> **Directions for this task**
Return, exactly and in full, the lines of the records below starting at the one with "run_program_flow-Tracks c run" and ending at the one with "unfolding execute_jog_block jog_execute", and no other lines.

--- Data supplied Enclosed Below ---

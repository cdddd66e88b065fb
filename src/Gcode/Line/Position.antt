-- ===== src/Gcode/Line/Position.antt =====
-- The position of the g-code parser of grbl/gcode.c and the targets of the motions that it asks for.
use tele_handwriter.Base.{
  ℕ, ◌≡◌, inl, inr, refl, ◌==◌, if◌then◌else◌, Bool-cases, Option-cases, Option, none, some, List,
  [], ◌∷◌, arith,
}
use tele_handwriter.Number.{Floats}
use tele_handwriter.Gcode.{Result, ok, fail, Block, Numbers}
use tele_handwriter.Gcode.Words.{parse_block}
use tele_handwriter.Gcode.State.{
  Vector, Arithmetic, Parser, Coords, Checked, Check, pass, refuse, unread,
}
use tele_handwriter.Gcode.Check.{is_jog, check_block}
use tele_handwriter.Gcode.Events.{
  Surroundings, Run, Event, wco_change, synchronize, feed_hold, realtime, restore_overrides,
  start_jog, set_spindle, set_coolant, report_message, mc_dwell, mc_line, mc_arc, mc_probe_cycle,
}
use tele_handwriter.Gcode.Execute.{
  first_run, execute_block, execute_jog_block, jog_execute, run_non_modal, run_motion, move,
  run_commands, run_program_flow, end_program,
}
use tele_handwriter.Gcode.Modes.{
  laser_flags, set_feed, set_spindle_speed, set_spindle_mode, set_coolant_mode, set_modes,
  set_tool_length, set_coord_system, spindle_sync, coolant_sync,
}
use tele_handwriter.Gcode.Line.{Outcome, after_check, after_words, gc_execute_line, parsed}

module _ {ℓ} {W : Type ℓ} (s : Surroundings W) where
  -- Where a call leaves the parser: a line or an arc at its target, a probing cycle as it answers.
  abbrev moves_to : Event W → Option (Vector W)
  moves_to wco_change = none
  moves_to synchronize = none
  moves_to feed_hold = none
  moves_to realtime = none
  moves_to restore_overrides = none
  moves_to start_jog = none
  moves_to (set_spindle state rpm) = none
  moves_to (set_coolant mode) = none
  moves_to (report_message code) = none
  moves_to (mc_dwell seconds) = none
  moves_to (mc_line target plan) = some target
  moves_to (mc_arc target position offset plan radius first second linear clockwise) = some target
  moves_to (mc_probe_cycle target plan flags) =
      if s.update_pos == 0
      then some target
      else if s.update_pos == 1
      then some s.sys_position
      else none

  -- The position after the calls, which was `start` before them.
  abbrev pub position_after : Vector W → List (Event W) → Vector W
  position_after start [] = start
  position_after start (e ∷ events) = elim (moves_to e) [
    | none ↦ position_after start events
    | some v ↦ v
  ]

module _ {ℓ} {W : Type ℓ} (arithmetic : Arithmetic W) (s : Surroundings W) (start : Vector W) where
  -- The motions of the run lead to the position that the parser has.
  abbrev Tracks : Run W → Type ℓ
  Tracks run = position_after s start run.events ≡ run.gc.position

  laser_flags-Tracks : (c : Checked W) (run : Run W) → Tracks run → Tracks (laser_flags s c run)
  unfolding laser_flags
  laser_flags-Tracks c run h = ground (arith, h)

  set_feed-Tracks : (c : Checked W) (run : Run W) → Tracks run → Tracks (set_feed c run)
  unfolding set_feed
  set_feed-Tracks c run h = ground (arith, h)

  set_spindle_speed-Tracks :
      (c : Checked W) (run : Run W) → Tracks run → Tracks (set_spindle_speed arithmetic s c run)
  unfolding set_spindle_speed spindle_sync
  set_spindle_speed-Tracks c run h = ground (arith, h)

  set_spindle_mode-Tracks :
      (c : Checked W) (run : Run W) → Tracks run → Tracks (set_spindle_mode s c run)
  unfolding set_spindle_mode spindle_sync
  set_spindle_mode-Tracks c run h = ground (arith, h)

  set_coolant_mode-Tracks :
      (c : Checked W) (run : Run W) → Tracks run → Tracks (set_coolant_mode s c run)
  unfolding set_coolant_mode coolant_sync
  set_coolant_mode-Tracks c run h = ground (arith, h)

  settings-Tracks :
      (c : Checked W) (run : Run W)
      → Tracks run
      → Tracks (set_coord_system c (set_tool_length arithmetic c (set_modes c run)))
  unfolding set_modes set_tool_length set_coord_system
  settings-Tracks c run h = ground (arith, h)

  run_non_modal-Tracks :
      (c : Checked W) (run : Run W) → Tracks run → Tracks (run_non_modal arithmetic c run)
  unfolding run_non_modal
  run_non_modal-Tracks c run h = ground (arith, h)

  run_motion-Tracks : (c : Checked W) (run : Run W) → Tracks run → Tracks (run_motion s c run)
  unfolding run_motion move
  run_motion-Tracks c run h = ground (arith, h)

  run_commands-Tracks :
      (c : Checked W) (run : Run W) → Tracks run → Tracks (run_commands arithmetic s c run)
  unfolding run_commands
  run_commands-Tracks c run h = run_motion-Tracks c _ (
      run_non_modal-Tracks c _ (
        settings-Tracks c _ (
          set_coolant_mode-Tracks c _ (
            set_spindle_mode-Tracks c _
              (set_spindle_speed-Tracks c _ (set_feed-Tracks c _ (laser_flags-Tracks c run h)))))))

  run_program_flow-Tracks :
      (c : Checked W) (run : Run W) → Tracks run → Tracks (run_program_flow arithmetic s c run).1
  unfolding run_program_flow end_program
  run_program_flow-Tracks c run h = elim (Option-cases (run.coords 0)) [
    | inl unreadable ↦ ground (arith, h, unreadable)
    | inr (system, found) ↦ ground (arith, h, found)
  ]

  execute_jog_block-Tracks :
      (c : Checked W) (run : Run W) → Tracks run → Tracks (execute_jog_block arithmetic s c run).1
  unfolding execute_jog_block jog_execute
  execute_jog_block-Tracks c run h = ground (arith, h)

module _ {ℓ} {W : Type ℓ} (arithmetic : Arithmetic W) (s : Surroundings W) where
  -- The same for a whole line.
  abbrev Follows : Parser W → Outcome W → Type ℓ
  Follows gc o = position_after s gc.position o.events ≡ o.gc.position

  execute_block-Follows :
      (coords : Coords W) (gc : Parser W) (c : Checked W)
      → let (status, run) = execute_block arithmetic s coords gc c in
        position_after s gc.position run.events ≡ run.gc.position
  unfolding execute_block
  execute_block-Follows coords gc c =
      let first = first_run arithmetic coords gc c in
      let jogged = execute_jog_block-Tracks arithmetic s gc.position c first refl in
      let ready = run_commands-Tracks arithmetic s gc.position c first refl in
      let ends =
        run_program_flow-Tracks arithmetic s gc.position c (run_commands arithmetic s c first)
          ready in
      elim (Bool-cases (is_jog c)) [
        | inl jogs ↦ ground (arith, jogs, jogged)
        | inr runs ↦ ground (arith, runs, ends)
      ]

  checked-Follows :
      (coords : Coords W) (gc : Parser W) (m : Check (Checked W))
      → Follows gc (after_check arithmetic s coords gc m)
  unfolding after_check
  checked-Follows coords gc (pass c) = execute_block-Follows coords gc c
  checked-Follows coords gc (refuse status) = refl
  checked-Follows coords gc (unread i) = refl

  words-Follows :
      (coords : Coords W) (gc : Parser W) (line : List ℕ) (r : Result (Block W))
      → Follows gc (after_words arithmetic s coords gc line r)
  unfolding after_words
  words-Follows coords gc line (fail status) = refl
  words-Follows coords gc line (ok b) =
      checked-Follows coords gc (check_block arithmetic coords gc (parsed gc line b))

-- Whatever a line of g-code combines, and also where it returns an error or is a jog, the position
-- that the parser keeps is where the last motion that the line has asked for ends: the target of a
-- line or an arc, or what a probing cycle has answered. With no motion it stays.
pub gc_execute_line-position {ℓ} :
    {W : Type ℓ} (numbers : Numbers W) (floats : Floats W) (arithmetic : Arithmetic W)
    (s : Surroundings W) (coords : Coords W) (gc : Parser W) (line : List ℕ)
    → let o = gc_execute_line numbers floats arithmetic s coords gc line in
      position_after s gc.position o.events ≡ o.gc.position
unfolding gc_execute_line
gc_execute_line-position numbers floats arithmetic s coords gc line =
    words-Follows arithmetic s coords gc line (parse_block numbers floats gc.modal line)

--- End of Enclosed Data supplied ---

> **Result for this exercise**
  run_program_flow-Tracks c run h = elim (Option-cases (run.coords 0)) [
    | inl unreadable ↦ ground (arith, h, unreadable)
    | inr (system, found) ↦ ground (arith, h, found)
  ]

  execute_jog_block-Tracks :
      (c : Checked W) (run : Run W) → Tracks run → Tracks (execute_jog_block arithmetic s c run).1
  unfolding execute_jog_block jog_execute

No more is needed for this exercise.